Yieldable
The term yieldable refers to the extent to which the demand within a particular market or for a particular product lends itself to generating the highest possible revenue through the use of different prices and revenue management. This depends on the extent to which customers or certain target groups are willing to pay a higher price for a product or service.
Airline tickets are an example of a product category that is highly yieldable. In the customer base of airlines, there is a strong distinction between business travelers and consumers. Individuals often book their vacation flight or visiting family abroad a long time in advance and compare airline tickets based on price. Business travelers, on the other hand, book their flights shortly in advance. In doing so, they are willing to pay a higher price for their ticket, especially if there is extra service in return. As a result, the price of the same seat on the plane increases as the date of the flight approaches.

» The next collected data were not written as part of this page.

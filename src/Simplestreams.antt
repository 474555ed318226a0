-- ===== src/Simplestreams.antt =====
-- The index of a simplestreams server in a directory, internal/exp/simplestreams/index: the data of
-- Incus's package simplestreams and what an import changes of it (index.go, consts.go, and the
-- common part of import_container.go and import_virtual_machine.go). A map that is nil and an empty
-- one are not told apart.
pub mod Archives
pub mod Import
pub mod Consistent
pub mod Items
pub mod Refines
pub mod Show
pub mod Commands
use cluster_api_provider_inc.Prelude.{
  ℕ, String, Bool, Option, none, some, List, [], ◌∷◌, ◌++◌, any, is_empty, ◌==◌, if◌then◌else◌,
}
use cluster_api_provider_inc.Text.{◌<>◌, join}
use cluster_api_provider_inc.Maps.{GoMap, get, insert, lookup}
use cluster_api_provider_inc.Sorting.{sort}

-- simplestreams.StreamIndex and simplestreams.Stream
pub record StreamIndex : Type 0 where
  pub data_type : String
  pub path : String
  pub format : String
  pub products : List String

pub record Stream : Type 0 where
  pub format : String
  pub index : GoMap StreamIndex

-- simplestreams.ProductVersionItem; "" for a sum that is not set
pub record Item : Type 0 where
  pub file_type : String
  pub hash_sha256 : String
  pub size : ℕ
  pub path : String
  pub combined_sha256_disk_kvm_img : String
  pub combined_sha256_disk_img : String

-- simplestreams.Product; a version is the map of its items
pub record Product : Type 0 where
  pub aliases : String
  pub architecture : String
  pub operating_system : String
  pub release : String
  pub release_title : String
  pub variant : String
  pub versions : GoMap (GoMap Item)

-- simplestreams.Products
pub record Products : Type 0 where
  pub content_id : String
  pub data_type : String
  pub format : String
  pub products : GoMap Product

-- Index
pub record Index : Type 0 where
  pub stream : Stream
  pub products : Products
  pub root_dir : String

-- api.ImageMetadata
pub record Metadata : Type 0 where
  pub architecture : String
  pub creation_date : ℕ
  pub properties : GoMap String

abbrev pub no_metadata : Metadata
no_metadata = record { architecture = ""; creation_date = 0; properties = [] }

-- The stream of a new index.
abbrev pub new_stream : Stream
new_stream = record {
  format = "index:1.0";
  index =
      (
        "images",
        record {
          data_type = "image-downloads";
          path = "streams/v1/images.json";
          format = "products:1.0";
          products = [];
        },
      )
      ∷ [];
}

-- The products of a new index.
abbrev pub new_products : Products
new_products = record {
  content_id = "images";
  data_type = "image-downloads";
  format = "products:1.0";
  products = [];
}

abbrev index_or_zero : Option StreamIndex → StreamIndex
index_or_zero none = record { data_type = ""; path = ""; format = ""; products = [] }
index_or_zero (some i) = i

-- i.Index.Index["images"]
unfoldable pub images : Stream → StreamIndex
unfolding lookup
images s = index_or_zero (lookup "images" s.index)

unfoldable pub product_name : Metadata → String
unfolding get
product_name m =
    get m.properties "os"
    <> ":"
    <> get m.properties "release"
    <> ":"
    <> get m.properties "variant"
    <> ":"
    <> get m.properties "architecture"

-- The update of streams/v1/index.json.
unfoldable pub add_product : String → Stream → Stream
unfolding images insert sort
add_product name s =
    let products = (images s).products in
    let new_images = record (images s) { products = sort (products ++ name ∷ []) } in
    if any (λ p. p == name) products
    then s
    else record s { index = insert "images" new_images s.index }

-- The product that is updated: the existing one, or a new one.
unfoldable pub product_or_new : Metadata → String → Option Product → Product
unfolding get
product_or_new m version (some p) = p
product_or_new m version none = record {
  aliases = "";
  architecture = get m.properties "architecture";
  operating_system = get m.properties "os";
  release = get m.properties "release";
  release_title = get m.properties "release";
  variant = get m.properties "variant";
  versions = (version, []) ∷ [];
}

unfoldable pub set_aliases : List String → Product → Product
unfolding join
set_aliases aliases p = if is_empty aliases then p else record p { aliases = join "," aliases }

-- The assignments of items, in turn.
unfoldable pub put_items : List Item → GoMap Item → GoMap Item
unfolding insert
put_items [] items = items
put_items (i ∷ new) items = put_items new (insert i.file_type i items)

abbrev pub items_or_none : Option (GoMap Item) → GoMap Item
items_or_none none = []
items_or_none (some items) = items

-- The new version of the product.
unfoldable pub put_version : String → List Item → Product → Product
unfolding lookup insert put_items
put_version version new p = record p {
  versions = insert version (put_items new (items_or_none (lookup version p.versions))) p.versions;
}

-- Everything that an import changes of the index.
unfoldable pub update : Metadata → String → List String → List Item → Index → Index
unfolding product_name add_product product_or_new set_aliases put_version lookup insert
update m version aliases items i =
    let name = product_name m in
    let product = product_or_new m version (lookup name i.products.products) in
    record i {
      stream = add_product name i.stream;
      products = record i.products {
        products =
            insert name (put_version version items (set_aliases aliases product))
              i.products.products;
      };
    }
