-- ===== src/Simplestreams/Archives.antt =====
-- What an import reads of an image: the loops over the archive of import_container.go and
-- import_virtual_machine.go, the sums of util.go and the items that are added.
use cluster_api_provider_inc.Prelude.{ℕ, String, Bool, List, [], ◌∷◌, ◌++◌, ◌==◌, if◌then◌else◌}
use cluster_api_provider_inc.Text.{◌<>◌, has_prefix}
use cluster_api_provider_inc.Errors.{GoError, Result, ok, err, errorf, wrapf, wrap, ◌>>=◌}
use cluster_api_provider_inc.Simplestreams.{Metadata, no_metadata, Item}

-- What tar.Reader.Next gives until the end of the archive: a file with its content, or an error.
pub data Entry : Type 0 where
  file : String → String → Entry
  broken : GoError → Entry

-- The libraries: YAML, the writer of archives (of files with their contents), SHA-256 in hexadecimal,
-- the size of a content, filepath.Join, and time.Unix(t, 0).Format("200601021504").
pub record Codec : Type 0 where
  pub unmarshal : String → Result Metadata
  pub tar_gz : List (String × String) → Result String
  pub sha256 : String → String
  pub size : String → ℕ
  pub join_path : List String → String
  pub format_time : ℕ → String

abbrev item : String → String → ℕ → String → Item
item file_type hash size path = record {
  file_type = file_type;
  hash_sha256 = hash;
  size = size;
  path = path;
  combined_sha256_disk_kvm_img = "";
  combined_sha256_disk_img = "";
}

-- The items of a container image.
unfoldable pub container_items : Bool → Bool → String → ℕ → String → List Item
container_items incus lxd hash size target =
    (if incus then item "incus_combined.tar.gz" hash size target ∷ [] else [])
    ++ (if lxd then item "lxd_combined.tar.gz" hash size target ∷ [] else [])

-- virtualMachineImageInfo
pub record VirtualMachineInfo : Type 0 where
  pub meta_size : ℕ
  pub meta_sha256 : String
  pub root_size : ℕ
  pub root_sha256 : String
  pub combined_sha256 : String

-- The items of a virtual machine image, with the targets of the root filesystem and the metadata.
unfoldable pub virtual_machine_items :
    Bool → Bool → VirtualMachineInfo → String → String → List Item
virtual_machine_items incus lxd info rootfs metadata =
    (if incus
      then item "disk-kvm.img" info.root_sha256 info.root_size rootfs
        ∷ record (item "incus.tar.xz" info.meta_sha256 info.meta_size metadata) {
          combined_sha256_disk_kvm_img = info.combined_sha256;
        }
        ∷ []
      else [])
    ++ (if lxd
        then item "disk1.img" info.root_sha256 info.root_size rootfs
          ∷ record (item "lxd.tar.xz" info.meta_sha256 info.meta_size metadata) {
            combined_sha256_disk_img = info.combined_sha256;
          }
          ∷ []
        else [])

-- What the loop over a virtual machine image has gathered.
pub record Gathered : Type 0 where
  pub metadata : Metadata
  pub written : List (String × String)
  pub rootfs : String

module _ (codec : Codec) where
  -- The loop for a container image, which ends at metadata.yaml.
  unfoldable pub find_metadata : List Entry → Result Metadata
  find_metadata [] = ok no_metadata
  find_metadata (broken e ∷ entries) = err (wrapf "failed to read tar.gz archive: " e "")
  find_metadata (file name content ∷ entries) =
      let rest = find_metadata entries in
      if name == "metadata.yaml"
      then wrap "failed to parse metadata.yaml from image: " (codec.unmarshal content)
      else rest

  -- The metadata of a container image.
  unfoldable pub container_metadata : List Entry → Result Metadata
  unfolding find_metadata
  container_metadata entries = do
    m ← find_metadata entries
    if m.architecture == "" then err (errorf "no metadata.yaml found for image") else ok m

  -- One round of the loop for a virtual machine image.
  unfoldable pub gather_file : String → String → Gathered → Result Gathered
  unfolding has_prefix
  gather_file name content g =
      if name == "metadata.yaml"
      then (do
        m ← wrap "failed to parse metadata.yaml from image: " (codec.unmarshal content)
        ok (record g { metadata = m; written = g.written ++ (name, content) ∷ [] }))
      else if has_prefix "templates/" name
      then ok (record g { written = g.written ++ (name, content) ∷ [] })
      else if name == "rootfs.img"
      then ok (record g { rootfs = content })
      else ok g

  unfoldable pub gather : List Entry → Gathered → Result Gathered
  unfolding gather_file
  gather [] g = ok g
  gather (broken e ∷ entries) g = err (wrapf "failed to read tar.gz archive: " e "")
  gather (file name content ∷ entries) g = do g' ← gather_file name content g; gather entries g'

  -- getVirtualMachineImageInfo: the hash of the metadata goes on with the root filesystem.
  unfoldable pub virtual_machine_info : String → String → VirtualMachineInfo
  virtual_machine_info metadata rootfs = record {
    meta_size = codec.size metadata;
    meta_sha256 = codec.sha256 metadata;
    root_size = codec.size rootfs;
    root_sha256 = codec.sha256 rootfs;
    combined_sha256 = codec.sha256 (metadata <> rootfs);
  }

  abbrev checked : String → Gathered → Result (String × Gathered)
  checked out g =
      if out == ""
      then err (errorf "no metadata found in image")
      else if g.rootfs == ""
      then err (errorf "no rootfs.img found in image")
      else if g.metadata.architecture == ""
      then err (errorf "no metadata.yaml found in image")
      else ok (out, g)

  -- The metadata archive, and what was gathered, of a virtual machine image.
  unfoldable pub virtual_machine_parts : List Entry → Result (String × Gathered)
  unfolding gather
  virtual_machine_parts entries = do
    g ← gather entries (record { metadata = no_metadata; written = []; rootfs = "" })
    out ← wrap "failed to generate metadata.tar.gz: " (codec.tar_gz g.written)
    checked out g
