-- ===== src/ImageBuilder/Export.antt =====
-- ExportImage of internal/exp/image-builder/action/action_image_export.go, with the compression of
-- action_image_export_compress.go.
use cluster_api_provider_inc.Prelude.{ℕ, String, ◌&&◌, List, [], ◌∷◌, not, ◌==◌, if◌then◌else◌}
use cluster_api_provider_inc.Text.{◌<>◌, quote}
use cluster_api_provider_inc.Errors.{Result, ok, err, wrapf}
use cluster_api_provider_inc.Action.{Action, ◌>>=◌, ◌>>◌, pure, lift, attempt, wrapping}
use cluster_api_provider_inc.Images.{incus, virtual_machine}
use cluster_api_provider_inc.Client.{Client, server_of, get_server_name}
use cluster_api_provider_inc.Simplestreams.Archives.{Entry, file, broken}

-- The local files, the archives in them, GetImageFile (which writes a file and gives its size) and
-- exec.LookPath; `run_qemu_img` runs the program at a path with extra variables on two files.
pub record ExportFiles (W : Type 0) : Type 0 where
  pub join_path : String → String → String
  pub create : String → Action W (Unit {0})
  pub remove : String → Action W (Unit {0})
  pub truncate : String → ℕ → Action W (Unit {0})
  pub download : String → String → Action W ℕ
  pub mkdir_temp : Action W String
  pub remove_all : String → Action W (Unit {0})
  pub read_file : String → Action W String
  pub write_file : String → String → Action W (Unit {0})
  pub gunzip : String → Result (List Entry)
  pub write_entry : String → String → String → Action W (Unit {0})
  pub close_archive : String → Action W (Unit {0})
  pub rename : String → String → Action W (Unit {0})
  pub look_path : String → Action W String
  pub run_qemu_img : String → List String → String → String → Action W (Unit {0})

-- The program and the variables that it wants.
abbrev qemu_img : Result String → String × List String
qemu_img (ok path) = (path, [])
qemu_img (err e) = ("/opt/incus/bin/qemu-img", "LD_LIBRARY_PATH=/opt/incus/lib" ∷ [])

module _ {W : Type 0} (files : ExportFiles W) where
  -- defer func() { _ = after() }()
  abbrev pub discarding : {A : Type 0} → Action W (Unit {0}) → Action W A → Action W A
  discarding after m w = ((m w).0, (after (m w).1).1)

  -- qemuCompressImage; the command's error output is left out
  unfoldable pub qemu_compress_image : String → Action W String
  qemu_compress_image raw = do
    dir ← wrapping "failed to create temporary directory: " files.mkdir_temp
    discarding (files.remove_all dir) (do
      let from = files.join_path dir "uncompressed.qcow2"
      let to = files.join_path dir "compressed.qcow2"
      wrapping "failed to write uncompressed rootfs to temporary file: " (files.write_file from raw)
      found ← attempt (files.look_path "qemu-img")
      wrapping "qemu-img convert -c command failed: "
          (files.run_qemu_img (qemu_img found).0 (qemu_img found).1 from to)
      wrapping "failed to read rootfs after compression: " (files.read_file to))

  -- The loop over the archive.
  unfoldable pub copy_entries : String → List Entry → Action W (Unit {0})
  unfolding qemu_compress_image
  copy_entries temp [] = pure tt
  copy_entries temp (broken e ∷ entries) = lift (err (wrapf "failed to read tar.gz archive: " e ""))
  copy_entries temp (file name content ∷ entries) = do
    if not (name == "rootfs.img")
        then wrapping ("failed to copy file " <> quote name <> ": ")
            (files.write_entry temp name content)
        else (do
          compressed ←
              wrapping "failed to compress rootfs.img from tarball: " (qemu_compress_image content)
          wrapping "failed to copy compressed rootfs.img: "
              (files.write_entry temp name compressed))
    copy_entries temp entries

  -- compressUnifiedImageTarballRootfs: the archive is closed after it was moved.
  unfoldable pub compress_rootfs : String → Action W (Unit {0})
  unfolding copy_entries
  compress_rootfs path = do
    dir ← wrapping "failed to create a temporary directory: " files.mkdir_temp
    discarding (files.remove_all dir) (do
      raw ← wrapping "failed to open: " (files.read_file path)
      entries ← wrapping "failed to open tar.gz archive: " (lift (files.gunzip raw))
      let temp = files.join_path dir "image.tar.gz"
      wrapping "failed to open: " (files.create temp)
      discarding (files.close_archive temp) (do
        copy_entries temp entries
        wrapping "failed to move temporary file: " (files.rename temp path)))

  abbrev and_remove : String → Result (Unit {0}) → Action W (Unit {0})
  and_remove output (ok u) w = (ok tt, w)
  and_remove output (err e) w = (err e, (files.remove output w).1)

  -- The deferred function: the output is removed where there is an error.
  abbrev pub removing_on_error : String → Action W (Unit {0}) → Action W (Unit {0})
  removing_on_error output m w = and_remove output (m w).0 (m w).1

  -- ExportImage
  unfoldable pub export_image : {Op : Type 0} → String → String → Client W Op → Action W (Unit {0})
  unfolding compress_rootfs get_server_name
  export_image alias output c = do
    image ←
        wrapping ("failed to find image for alias " <> quote alias <> ": ")
          ((server_of c).get_image_alias alias)
    wrapping "failed to create output file: " (files.create output)
    removing_on_error output (do
      size ← wrapping "failed to download image: " (files.download image.target output)
      wrapping "failed to truncate output file: " (files.truncate output size)
      if get_server_name c == incus && image.kind == virtual_machine
          then wrapping "failed to compress rootfs.img in unified tarball: "
              (compress_rootfs output)
          else pure tt)
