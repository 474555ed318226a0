-- ===== src/ImageBuilder/Stages.antt =====
-- Stages of the image builder, internal/exp/image-builder/stage, and which of them Run runs.
use cluster_api_provider_inc.Prelude.{
  arith, String, ◌≡◌, refl, Bool, true, false, not, ◌&&◌, ◌||◌, List, [], ◌∷◌, any, is_empty, ◌==◌,
  if◌then◌else◌,
}
use cluster_api_provider_inc.Text.{◌<>◌, quote}
use cluster_api_provider_inc.Action.{Action, ◌>>◌, pure, wrapping}
use cluster_api_provider_inc.Client.{Client}
use cluster_api_provider_inc.ImageBuilder.{BuildAction}

-- Stage
pub record Stage (W Op : Type 0) : Type 0 where
  pub name : String
  pub action : BuildAction W Op

module _ {W Op : Type 0} where
  -- Run
  unfoldable pub run :
      Client W Op → List String → List String → Bool → List (Stage W Op) → Action W (Unit {0})
  run c skip_stages only_stages dry_run [] = pure tt
  run c skip_stages only_stages dry_run (stage ∷ stages) =
      let rest = run c skip_stages only_stages dry_run stages in
      if dry_run
      then rest
      else if any (λ n. n == stage.name) skip_stages
      then rest
      else if not (is_empty only_stages) && not (any (λ n. n == stage.name) only_stages)
      then rest
      else (do
        wrapping ("failure during stage " <> quote stage.name <> ": ") (stage.action c)
        rest)

  -- The stages that are not skipped, and are asked for if any are.
  pub selected : List String → List String → List (Stage W Op) → List (Stage W Op)
  selected skip_stages only_stages [] = []
  selected skip_stages only_stages (stage ∷ stages) =
      let rest = selected skip_stages only_stages stages in
      if not (any (λ n. n == stage.name) skip_stages)
        && (is_empty only_stages || any (λ n. n == stage.name) only_stages)
      then stage ∷ rest
      else rest

  -- Run every stage in turn until one fails.
  pub run_all : Client W Op → List (Stage W Op) → Action W (Unit {0})
  run_all c [] = pure tt
  run_all c (stage ∷ stages) = do
    wrapping ("failure during stage " <> quote stage.name <> ": ") (stage.action c)
    run_all c stages

  -- Run with filters runs exactly the selected stages, in their order, and stops at the first that
  -- fails; a dry run does nothing and succeeds.
  pub run-selected :
      (c : Client W Op) (skip_stages only_stages : List String) (stages : List (Stage W Op))
      → (run c skip_stages only_stages false stages
          ≡ run_all c (selected skip_stages only_stages stages))
        × (run c skip_stages only_stages true stages ≡ pure tt)
  unfolding run selected run_all
  run-selected c skip_stages only_stages [] = (refl, refl)
  run-selected c skip_stages only_stages (stage ∷ stages) = (
    ground (arith, (run-selected c skip_stages only_stages stages).0),
    (run-selected c skip_stages only_stages stages).1,
  )
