-- ===== src/ImageBuilder/Commands.antt =====
-- The commands image-builder kubeadm and image-builder haproxy, cmd/exp/image-builder/cmd.
use cluster_api_provider_inc.Prelude.{
  ℕ, String, Bool, ◌||◌, Option, none, some, List, [], ◌∷◌, ◌==◌, if◌then◌else◌,
}
use cluster_api_provider_inc.Text.{◌<>◌, quote}
use cluster_api_provider_inc.Maps.{GoMap, lookup}
use cluster_api_provider_inc.Errors.{Result, ok, err, errorf, ◌>>=◌, ◌>>◌}
use cluster_api_provider_inc.Images.{ImageFamily, container, virtual_machine}
use cluster_api_provider_inc.Launch.{
  LaunchOptions, no_options, with_instance_type, with_profiles, with_image,
}

-- baseImageInfo
pub record BaseImageInfo : Type 0 where
  pub full_name : String
  pub release_name : String
  pub variant_name : String

-- wellKnownBaseImages
unfoldable pub well_known_base_images : GoMap BaseImageInfo
well_known_base_images =
    (
      "ubuntu:20.04",
      record { full_name = "ubuntu focal"; release_name = "focal"; variant_name = "ubuntu" },
    )
    ∷ (
      "ubuntu:22.04",
      record { full_name = "ubuntu jammy"; release_name = "jammy"; variant_name = "ubuntu" },
    )
    ∷ (
      "ubuntu:24.04",
      record { full_name = "ubuntu noble"; release_name = "noble"; variant_name = "ubuntu" },
    )
    ∷ (
      "debian:12",
      record { full_name = "debian bookworm"; release_name = "bookworm"; variant_name = "debian" },
    )
    ∷ (
      "debian:13",
      record { full_name = "debian trixie"; release_name = "trixie"; variant_name = "debian" },
    )
    ∷ []

abbrev info_or_zero : Option BaseImageInfo → BaseImageInfo
info_or_zero none = record { full_name = ""; release_name = ""; variant_name = "" }
info_or_zero (some i) = i

-- wellKnownBaseImages[name]
unfoldable pub base_image_info : String → BaseImageInfo
unfolding well_known_base_images lookup
base_image_info name = info_or_zero (lookup name well_known_base_images)

-- The switch over --base-image in PreRunE of both commands.
unfoldable pub check_base_image : String → Result String
check_base_image base_image =
    if base_image == "debian"
    then ok "debian:13"
    else if base_image == "ubuntu"
    then ok "ubuntu:24.04"
    else if base_image == "debian:12"
        || base_image == "debian:13"
        || base_image == "ubuntu:22.04"
        || base_image == "ubuntu:24.04"
    then ok base_image
    else err (
        errorf (
          "invalid value for --base-image argument "
          <> quote base_image
          <> ", must be one of [ubuntu:22.04, ubuntu:24.04, debian:12, debian:13]"))

-- The switch over --instance-type in PreRunE of kubeadm.
unfoldable pub check_instance_type : String → Result (Unit {0})
check_instance_type instance_type =
    if instance_type == container || instance_type == virtual_machine
    then ok tt
    else err (
        errorf (
          "invalid value for --instance-type argument "
          <> quote instance_type
          <> ", must be one of [container, virtual-machine]"))

-- The flags of both commands.
pub record BuildFlags : Type 0 where
  pub config_file : String
  pub config_remote_name : String
  pub base_image : String
  pub instance_name : String
  pub instance_profiles : List String
  pub instance_type : String
  pub validation_instance_name : String
  pub image_alias : String
  pub skip_stages : List String
  pub only_stages : List String
  pub dry_run : Bool
  pub instance_stop_grace_period : ℕ
  pub output_file : String
  pub output_manifest_file : String
  pub kubernetes_version : String
  pub pull_extra_images : List String

-- PreRunE of kubeadm and of haproxy: the flags with their defaults.
unfoldable pub prepare_kubeadm : BuildFlags → Result BuildFlags
unfolding check_instance_type check_base_image
prepare_kubeadm flags = do
  check_instance_type flags.instance_type
  base_image ← check_base_image flags.base_image
  ok (record flags {
    base_image = base_image;
    image_alias =
        if flags.image_alias == ""
        then "kubeadm-" <> flags.kubernetes_version <> "-" <> flags.instance_type
        else flags.image_alias;
  })

unfoldable pub prepare_haproxy : BuildFlags → Result BuildFlags
unfolding check_base_image base_image_info
prepare_haproxy flags = do
  base_image ← check_base_image flags.base_image
  ok (record flags {
    base_image = base_image;
    image_alias =
        if flags.image_alias == ""
        then "haproxy-" <> (base_image_info base_image).variant_name
        else flags.image_alias;
  })

-- WithImage of an interface value that may be nil
abbrev with_parsed : Option ImageFamily → LaunchOptions → LaunchOptions
with_parsed none o = record o { image = none }
with_parsed (some f) o = with_image f o

-- The options of the builder instance.
unfoldable pub builder_options : String → List String → Option ImageFamily → LaunchOptions
unfolding with_instance_type with_profiles with_image
builder_options instance_type profiles image =
    with_parsed image (with_profiles profiles (with_instance_type instance_type no_options))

Conditions for a yieldable approach
Scarcity is an important factor in whether a product is yieldable. If supply or capacity is limited, a customer will be more willing to pay a higher amount than if there are more and cheaper offers available. The number of seats on a specific flight or the number of beds in a hotel is limited. Scarcity can be artificially created. For example, an airline or a hotel will not make some of the seats or hotel rooms available until later, knowing that they will fetch more at that time.
Segmentation is another important requirement. With airline tickets, customers can make a natural distinction between business and residential. Additional differentiation can be made by providing additional service at a higher price. If there is no logical basis to differentiate and segment prices and supply, yield management is not possible.
Third, capacity should match demand. Demand should regularly exceed supply. If seats are left unfilled on an airplane too often, customers unnecessarily overpay for their airline ticket. Empty seats cost the airline money; to avoid this, the last minute price must go down and the incentive for customers to pay a higher price at the last minute is removed.
These three conditions are referred to in English as the three Fs:
- Fixed capacity, there is scarcity
- Fenced demand, demand lends itself to elastic pricing
- Full utilization, demand regularly exceeds supply
The opposite of yieldable is non-yieldable.